Обрушив водопады песка, ухватившись за не очень ровную поверхность, я поднялся, морщась от боли в голове. В самом пространстве, где я находился, было какое-то глубинное, въевшееся искривление. С одной стороны висело недвижное одеяло из дыма и пыли. С другой — на месте крыши или потолка свисал огромный ком раскромсанной материи.
У меня ныла челюсть, лицо и коленки были все в порезах, язык — как наждак. Моргая, оглядывая окружавший меня хаос, я увидел кроссовку, сугробы какого-то крошева, все в темных пятнах, перекрученный алюминиевый костыль. Я стоял посреди всего этого, пошатываясь — голова кружилась, я задыхался и не знал, куда идти и что делать, как вдруг мне показалось, что звонит телефон.
Сначала я думал, мне почудилось, я прислушался — и да, он снова звякнул: слабенько и тускло, немножко странно. Я принялся неуклюже копаться в обломках — переворачивая пыльные детские рюкзачки и ланч-боксы, отдергивая руки от раскаленных кусков и осколков стекла, пугаясь того, как мусор то и дело проваливался у меня под ногами и еще — мягких, неподвижных бугров, которые я замечал краем глаза.

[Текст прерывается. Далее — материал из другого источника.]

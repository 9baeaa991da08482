-- ===== src/Chat/View/Single.antt =====
-- What a view shows after the operations of the chat model that change rows in place.
use neo_nect_desktop.Base.{
  ℕ, zero, suc, ◌+◌, ◌-◌, Bool, true, false, List, [], ◌∷◌, ◌≡◌, refl, ap, arith, Bool-cases, inl,
  inr, Option-cases, modify, ℤ, ◌&&◌, ◌||◌, not,
}
use neo_nect_desktop.Base.Text.{String, is_empty, ◌==◌}
use neo_nect_desktop.Qt.{Qt, Qreal}
use neo_nect_desktop.Chat.Item.{MessageItem}
use neo_nect_desktop.Chat.Model.{Role, ChatMessageModel, change_row, change_rows, find_row}
use neo_nect_desktop.Chat.Rows.{
  update_message_status, set_first_unread_message_id, set_first_unread_index, clear_first_unread,
  update_transfer_from, update_transfer_progress, set_status, set_unread, is_unread_row, differs,
  unread_role, any_unread,
}
use neo_nect_desktop.Chat.Slots.{on_message_updated, on_media_transfer_progress, is_other}
use neo_nect_desktop.Chat.View.{read_row, read_rows, Mirrors}

read_rows-modify :
    (f : MessageItem → MessageItem) (roles : List Role)
    → ((x : MessageItem) → read_row roles (f x) x ≡ f x)
    → (i : ℕ) (xs : List MessageItem) → read_rows i 1 roles (modify i f xs) xs ≡ modify i f xs
read_rows-modify f roles h i [] = refl
read_rows-modify f roles h zero (x ∷ []) = ap (λ y. y ∷ []) (h x)
read_rows-modify f roles h zero (x ∷ y ∷ ys) = ap (λ z. z ∷ y ∷ ys) (h x)
read_rows-modify f roles h (suc i) (x ∷ xs) = ap (◌∷◌ x) (read_rows-modify f roles h i xs)

module _ (start : List MessageItem) where
  -- One row changed in the roles that its signal names.
  pub change_row-Mirrors :
      (f : MessageItem → MessageItem) (roles : List Role)
      → ((x : MessageItem) → read_row roles (f x) x ≡ f x)
      → (i : ℕ) (m : ChatMessageModel) → Mirrors start m
      → Mirrors start (change_row i f roles m)
  change_row-Mirrors f roles h i m s =
      let one : i + 1 - i ≡ 1 = omega arith in rw (one, s) (read_rows-modify f roles h i m.items)

  change_rows-Mirrors :
      (test : ℕ → MessageItem → Bool) (f : ℕ → MessageItem → MessageItem) (roles : List Role)
      → ((i : ℕ) (x : MessageItem) → read_row roles (f i x) x ≡ f i x)
      → (i : ℕ) (rest : List MessageItem) (m : ChatMessageModel) → Mirrors start m
      → Mirrors start (change_rows test f roles i rest m)
  unfolding change_rows
  change_rows-Mirrors test f roles h i [] m s = s
  change_rows-Mirrors test f roles h i (x ∷ rest) m s = elim (Bool-cases (test i x)) [
    | inl e ↦
        rw (change_rows, e)
          (change_rows-Mirrors test f roles h (suc i) rest (change_row i (f i) roles m)
            (change_row-Mirrors (f i) roles (h i) i m s))
    | inr e ↦ rw (change_rows, e) (change_rows-Mirrors test f roles h (suc i) rest m s)
  ]

  pub update_message_status-Mirrors :
      (id status error_text : String) (m : ChatMessageModel)
      → Mirrors start m
      → Mirrors start (update_message_status id status error_text m)
  unfolding update_message_status
  update_message_status-Mirrors id status error_text m s = elim (Bool-cases (is_empty id)) [
    | inl e ↦ rw e s
    | inr e ↦ elim (Option-cases (find_row id m)) [
      | inl none_found ↦ rw (e, none_found) s
      | inr found ↦
          rw (e, found.1)
            (change_row-Mirrors (set_status status error_text) (Role.status ∷ Role.error_text ∷ [])
              (λ x. refl) found.0 m s)
    ]
  ]

  update_transfer_from-Mirrors :
      (progress : Qreal) (bytes total : ℤ) (id : String) (i : ℕ) (xs : List MessageItem)
      (m : ChatMessageModel)
      → Mirrors start m
      → Mirrors start (update_transfer_from progress bytes total id i xs m)
  unfolding update_transfer_from
  update_transfer_from-Mirrors progress bytes total id i [] m s = s
  update_transfer_from-Mirrors progress bytes total id i (x ∷ xs) m s = ground (
    arith,
    update_transfer_from-Mirrors progress bytes total id (suc i) xs m s,
    change_row-Mirrors
        (λ y. record y { transfer_progress = progress; transfer_bytes = bytes; file_size = total })
        (Role.transfer_progress ∷ Role.transfer_bytes ∷ Role.file_size ∷ []) (λ x. refl) i m s,
    change_row-Mirrors (λ y. record y { transfer_progress = progress; transfer_bytes = bytes })
        (Role.transfer_progress ∷ Role.transfer_bytes ∷ []) (λ x. refl) i m s,
  )

  -- After a report of the progress of a transfer, on every branch, a view that showed the rows shows the new ones.
  pub on_media_transfer_progress-Mirrors :
      (q : Qt) (id message_id : String) (progress : Qreal) (bytes total : ℤ) (m : ChatMessageModel)
      → Mirrors start m
      → Mirrors start (on_media_transfer_progress q id message_id progress bytes total m)
  unfolding on_media_transfer_progress update_transfer_progress
  on_media_transfer_progress-Mirrors q id message_id progress bytes total m s =
      let changed = update_transfer_from-Mirrors progress bytes total message_id 0 m.items m s in
      elim (Bool-cases (is_other q id m)) [
        | inl e ↦ rw e s
        | inr e ↦ elim (Bool-cases (is_empty message_id)) [
          | inl d ↦ rw (e, d) s
          | inr d ↦ rw (e, d) changed
        ]
      ]

  -- After an update of the status of one message or of all own ones, on every branch, a view that
  -- showed the rows shows the new ones.
  pub on_message_updated-Mirrors :
      (q : Qt) (id message_id status error_text : String) (m : ChatMessageModel)
      → Mirrors start m
      → Mirrors start (on_message_updated q id message_id status error_text m)
  unfolding on_message_updated
  on_message_updated-Mirrors q id message_id status error_text m s =
      let set = set_status status error_text in
      let roles = Role.status ∷ Role.error_text ∷ [] in
      elim (Bool-cases (is_other q id m)) [
        | inl other ↦ rw other s
        | inr same ↦ elim (Bool-cases (is_empty message_id || message_id == "all")) [
          | inl all ↦
              rw (same, all)
                (change_rows-Mirrors (λ i x. x.from_me && not (x.status == status)) (λ i. set) roles
                  (λ i x. refl) 0 m.items m s)
          | inr one ↦ elim (Option-cases (find_row message_id m)) [
            | inl none_found ↦ rw (same, one, none_found) s
            | inr found ↦
                rw (same, one, found.1) (change_row-Mirrors set roles (λ x. refl) found.0 m s)
          ]
        ]
      ]

  clear_first_unread-Mirrors :
      (m : ChatMessageModel) → Mirrors start m → Mirrors start (clear_first_unread m)
  unfolding clear_first_unread
  clear_first_unread-Mirrors m s =
      change_rows-Mirrors (λ i x. x.is_first_unread) (λ i. set_unread false) unread_role
        (λ i x. refl) 0 m.items m s

  pub set_first_unread_index-Mirrors :
      (index : ℤ) (m : ChatMessageModel)
      → Mirrors start m
      → Mirrors start (set_first_unread_index index m)
  unfolding set_first_unread_index
  set_first_unread_index-Mirrors index m s =
      change_rows-Mirrors (λ i x. differs x.is_first_unread (is_unread_row index i))
        (λ i. set_unread (is_unread_row index i)) unread_role (λ i x. refl) 0 m.items m s

  pub set_first_unread_message_id-Mirrors :
      (id : String) (m : ChatMessageModel)
      → Mirrors start m
      → Mirrors start (set_first_unread_message_id id m)
  unfolding set_first_unread_message_id
  set_first_unread_message_id-Mirrors id m s = elim (Bool-cases (is_empty id)) [
    | inl e ↦ rw e (clear_first_unread-Mirrors m s)
    | inr e ↦ elim (Bool-cases (any_unread m.items)) [
      | inl marked ↦ rw (e, marked) s
      | inr unmarked ↦ elim (Option-cases (find_row id m)) [
        | inl none_found ↦ rw (e, unmarked, none_found) s
        | inr found ↦
            rw (e, unmarked, found.1)
              (change_row-Mirrors (set_unread true) unread_role (λ x. refl) found.0 m s)
      ]
    ]
  ]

И даже после того, как я убедил себя, что не слышал никакого телефона, что это звон в ушах я принял за звонок, я продолжал искать, замкнувшись в механических движениях с сосредоточенной тупостью робота. Из груды ручек, сумочек, бумажников, разбитых очков, гостиничных магнитных карт, пудр, пузырьков с духами и аптечных рецептов (Ройтман, Андреа, алпразолам, 25 мг) я выкопал брелок-фонарик и неработающий телефон (заряжен наполовину, сеть не показывает) и бросил его в нейлоновую сумку-раскладушку, которую я нашел в какой-то женской сумочке.